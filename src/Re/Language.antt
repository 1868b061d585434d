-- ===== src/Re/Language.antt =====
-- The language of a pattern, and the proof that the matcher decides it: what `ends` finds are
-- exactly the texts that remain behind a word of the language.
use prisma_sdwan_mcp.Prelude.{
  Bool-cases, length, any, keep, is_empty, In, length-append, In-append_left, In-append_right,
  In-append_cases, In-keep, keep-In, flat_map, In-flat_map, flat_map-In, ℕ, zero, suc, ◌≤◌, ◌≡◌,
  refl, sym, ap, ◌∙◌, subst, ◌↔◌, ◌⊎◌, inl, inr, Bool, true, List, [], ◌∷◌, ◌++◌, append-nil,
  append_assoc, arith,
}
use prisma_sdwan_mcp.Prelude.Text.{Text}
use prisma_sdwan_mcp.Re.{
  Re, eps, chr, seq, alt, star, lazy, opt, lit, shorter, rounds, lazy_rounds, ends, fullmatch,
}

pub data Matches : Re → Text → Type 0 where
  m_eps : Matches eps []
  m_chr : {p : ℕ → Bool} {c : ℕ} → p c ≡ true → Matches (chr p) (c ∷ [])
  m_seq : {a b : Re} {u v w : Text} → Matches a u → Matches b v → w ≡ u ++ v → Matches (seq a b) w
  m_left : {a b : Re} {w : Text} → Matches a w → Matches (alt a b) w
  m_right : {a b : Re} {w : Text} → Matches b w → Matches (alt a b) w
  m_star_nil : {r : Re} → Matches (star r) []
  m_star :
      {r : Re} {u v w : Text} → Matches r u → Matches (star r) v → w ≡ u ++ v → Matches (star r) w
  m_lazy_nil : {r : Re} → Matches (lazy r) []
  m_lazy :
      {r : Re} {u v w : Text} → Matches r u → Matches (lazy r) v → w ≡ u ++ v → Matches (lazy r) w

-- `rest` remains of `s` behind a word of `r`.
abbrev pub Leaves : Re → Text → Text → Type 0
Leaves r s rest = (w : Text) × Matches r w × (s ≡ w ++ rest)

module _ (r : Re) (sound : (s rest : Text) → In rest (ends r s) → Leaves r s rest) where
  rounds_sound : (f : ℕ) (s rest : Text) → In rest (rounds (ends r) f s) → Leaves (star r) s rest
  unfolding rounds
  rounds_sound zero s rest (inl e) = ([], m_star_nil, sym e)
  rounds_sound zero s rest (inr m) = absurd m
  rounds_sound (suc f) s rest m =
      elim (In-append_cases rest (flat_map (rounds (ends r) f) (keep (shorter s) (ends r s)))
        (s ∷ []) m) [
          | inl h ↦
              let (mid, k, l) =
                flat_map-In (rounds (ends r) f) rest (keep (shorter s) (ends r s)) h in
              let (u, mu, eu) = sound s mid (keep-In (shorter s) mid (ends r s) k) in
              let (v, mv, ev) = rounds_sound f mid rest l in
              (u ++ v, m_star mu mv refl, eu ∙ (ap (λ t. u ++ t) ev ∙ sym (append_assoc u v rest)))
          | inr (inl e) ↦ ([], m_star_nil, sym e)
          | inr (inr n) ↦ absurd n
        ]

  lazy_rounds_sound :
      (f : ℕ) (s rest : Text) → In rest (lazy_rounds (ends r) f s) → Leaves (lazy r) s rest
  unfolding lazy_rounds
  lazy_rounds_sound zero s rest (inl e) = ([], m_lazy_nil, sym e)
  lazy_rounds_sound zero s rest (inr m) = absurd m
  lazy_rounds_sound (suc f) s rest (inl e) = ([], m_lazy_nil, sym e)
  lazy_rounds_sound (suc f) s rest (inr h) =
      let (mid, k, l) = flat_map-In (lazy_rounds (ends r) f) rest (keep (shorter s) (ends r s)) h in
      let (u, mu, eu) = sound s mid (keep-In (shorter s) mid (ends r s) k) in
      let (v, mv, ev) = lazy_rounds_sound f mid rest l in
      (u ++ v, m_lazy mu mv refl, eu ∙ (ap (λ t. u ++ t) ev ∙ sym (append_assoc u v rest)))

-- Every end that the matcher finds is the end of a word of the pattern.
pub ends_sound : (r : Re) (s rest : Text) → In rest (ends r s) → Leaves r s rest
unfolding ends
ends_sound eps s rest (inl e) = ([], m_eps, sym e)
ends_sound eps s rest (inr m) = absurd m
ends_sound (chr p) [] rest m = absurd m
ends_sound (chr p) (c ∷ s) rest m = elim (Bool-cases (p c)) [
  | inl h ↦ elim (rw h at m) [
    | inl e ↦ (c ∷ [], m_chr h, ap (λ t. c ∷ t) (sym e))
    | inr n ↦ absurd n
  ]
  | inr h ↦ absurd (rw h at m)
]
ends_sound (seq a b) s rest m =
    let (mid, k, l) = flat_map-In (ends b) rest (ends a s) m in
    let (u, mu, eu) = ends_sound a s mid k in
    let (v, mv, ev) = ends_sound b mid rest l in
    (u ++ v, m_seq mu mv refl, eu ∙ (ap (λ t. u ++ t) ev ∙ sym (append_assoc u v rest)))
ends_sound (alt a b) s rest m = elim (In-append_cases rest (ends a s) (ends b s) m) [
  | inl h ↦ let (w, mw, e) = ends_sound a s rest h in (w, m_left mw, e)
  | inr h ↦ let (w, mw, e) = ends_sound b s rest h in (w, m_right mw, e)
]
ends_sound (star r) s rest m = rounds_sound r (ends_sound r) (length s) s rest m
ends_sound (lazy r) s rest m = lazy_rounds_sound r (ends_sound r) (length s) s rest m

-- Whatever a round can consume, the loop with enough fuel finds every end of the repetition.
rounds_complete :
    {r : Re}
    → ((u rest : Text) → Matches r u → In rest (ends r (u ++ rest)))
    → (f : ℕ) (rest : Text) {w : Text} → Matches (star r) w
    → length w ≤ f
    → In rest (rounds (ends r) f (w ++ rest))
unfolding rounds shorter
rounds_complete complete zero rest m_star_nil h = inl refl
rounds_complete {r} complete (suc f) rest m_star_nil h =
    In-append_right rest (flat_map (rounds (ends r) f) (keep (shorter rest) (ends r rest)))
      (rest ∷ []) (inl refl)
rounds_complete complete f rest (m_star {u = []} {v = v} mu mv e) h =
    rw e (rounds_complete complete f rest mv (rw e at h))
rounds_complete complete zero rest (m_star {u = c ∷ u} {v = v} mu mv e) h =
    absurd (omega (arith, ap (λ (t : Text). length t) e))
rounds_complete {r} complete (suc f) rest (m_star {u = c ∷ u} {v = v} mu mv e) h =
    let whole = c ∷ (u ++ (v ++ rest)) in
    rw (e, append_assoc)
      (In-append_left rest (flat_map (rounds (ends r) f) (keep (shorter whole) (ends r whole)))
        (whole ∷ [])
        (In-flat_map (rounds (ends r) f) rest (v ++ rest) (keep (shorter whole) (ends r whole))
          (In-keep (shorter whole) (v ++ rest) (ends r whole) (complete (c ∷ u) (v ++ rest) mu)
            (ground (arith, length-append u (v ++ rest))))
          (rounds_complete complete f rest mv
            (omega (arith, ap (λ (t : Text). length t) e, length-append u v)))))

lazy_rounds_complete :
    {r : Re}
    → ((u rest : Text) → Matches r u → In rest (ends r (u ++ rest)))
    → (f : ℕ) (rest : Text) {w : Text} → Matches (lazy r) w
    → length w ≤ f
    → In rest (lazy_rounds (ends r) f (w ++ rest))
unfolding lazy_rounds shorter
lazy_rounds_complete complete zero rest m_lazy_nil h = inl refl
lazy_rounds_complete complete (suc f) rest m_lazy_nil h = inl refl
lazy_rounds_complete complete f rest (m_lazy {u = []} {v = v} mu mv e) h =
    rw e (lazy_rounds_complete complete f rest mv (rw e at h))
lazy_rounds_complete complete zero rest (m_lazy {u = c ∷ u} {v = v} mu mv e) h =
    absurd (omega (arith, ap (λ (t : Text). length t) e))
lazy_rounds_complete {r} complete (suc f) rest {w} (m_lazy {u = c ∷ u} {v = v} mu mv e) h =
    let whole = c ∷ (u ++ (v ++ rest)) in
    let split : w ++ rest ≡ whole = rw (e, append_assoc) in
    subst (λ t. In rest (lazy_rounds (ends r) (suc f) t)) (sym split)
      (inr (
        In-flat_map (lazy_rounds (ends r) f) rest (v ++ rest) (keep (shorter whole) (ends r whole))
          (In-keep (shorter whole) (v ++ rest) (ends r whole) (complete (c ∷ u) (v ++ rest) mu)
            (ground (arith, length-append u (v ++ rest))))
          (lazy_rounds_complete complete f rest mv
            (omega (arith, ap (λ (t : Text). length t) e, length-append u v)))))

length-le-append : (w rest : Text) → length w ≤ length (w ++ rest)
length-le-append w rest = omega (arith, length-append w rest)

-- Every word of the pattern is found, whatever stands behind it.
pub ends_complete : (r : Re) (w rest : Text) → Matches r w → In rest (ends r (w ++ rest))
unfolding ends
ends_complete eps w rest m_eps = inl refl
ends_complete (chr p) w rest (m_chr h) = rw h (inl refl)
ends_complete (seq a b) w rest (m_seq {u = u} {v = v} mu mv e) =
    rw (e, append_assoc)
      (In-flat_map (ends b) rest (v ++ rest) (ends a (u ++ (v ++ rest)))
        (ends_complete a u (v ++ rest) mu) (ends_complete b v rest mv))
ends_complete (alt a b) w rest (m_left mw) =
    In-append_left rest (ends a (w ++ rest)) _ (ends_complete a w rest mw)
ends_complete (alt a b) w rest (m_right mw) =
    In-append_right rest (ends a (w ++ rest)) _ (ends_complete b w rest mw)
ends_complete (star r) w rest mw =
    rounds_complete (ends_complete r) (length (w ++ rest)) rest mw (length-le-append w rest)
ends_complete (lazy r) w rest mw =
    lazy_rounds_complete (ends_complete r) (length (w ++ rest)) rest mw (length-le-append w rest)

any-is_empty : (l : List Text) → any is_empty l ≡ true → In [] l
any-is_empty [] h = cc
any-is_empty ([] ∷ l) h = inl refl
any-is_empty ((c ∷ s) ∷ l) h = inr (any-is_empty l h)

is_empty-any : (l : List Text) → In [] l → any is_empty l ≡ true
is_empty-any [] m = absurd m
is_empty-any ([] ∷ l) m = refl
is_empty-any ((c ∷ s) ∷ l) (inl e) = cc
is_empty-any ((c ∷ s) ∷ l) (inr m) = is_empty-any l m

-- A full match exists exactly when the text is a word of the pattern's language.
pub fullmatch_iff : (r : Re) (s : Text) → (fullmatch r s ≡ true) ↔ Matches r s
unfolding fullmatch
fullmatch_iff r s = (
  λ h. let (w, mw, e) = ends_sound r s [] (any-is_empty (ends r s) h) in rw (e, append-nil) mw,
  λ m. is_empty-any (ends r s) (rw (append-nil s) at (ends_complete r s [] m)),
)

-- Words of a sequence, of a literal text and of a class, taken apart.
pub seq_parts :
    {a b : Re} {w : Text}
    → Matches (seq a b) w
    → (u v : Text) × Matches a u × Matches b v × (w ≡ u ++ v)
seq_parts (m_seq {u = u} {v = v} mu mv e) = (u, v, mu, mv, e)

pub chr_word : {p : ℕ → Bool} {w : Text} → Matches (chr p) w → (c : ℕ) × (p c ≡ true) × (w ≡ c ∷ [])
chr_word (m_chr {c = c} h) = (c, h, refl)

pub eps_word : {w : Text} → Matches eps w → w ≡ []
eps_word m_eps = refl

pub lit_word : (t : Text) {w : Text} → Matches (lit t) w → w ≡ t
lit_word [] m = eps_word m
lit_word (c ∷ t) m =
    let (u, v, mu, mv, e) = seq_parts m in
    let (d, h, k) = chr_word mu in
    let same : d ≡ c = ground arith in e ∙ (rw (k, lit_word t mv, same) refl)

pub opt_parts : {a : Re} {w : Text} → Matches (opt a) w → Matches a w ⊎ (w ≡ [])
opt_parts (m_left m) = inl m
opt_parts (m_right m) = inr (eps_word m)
------------------------------------------------------------------------
Scan the entries for the string "that" and report only how many lines contain it.

• TASK RESULT
3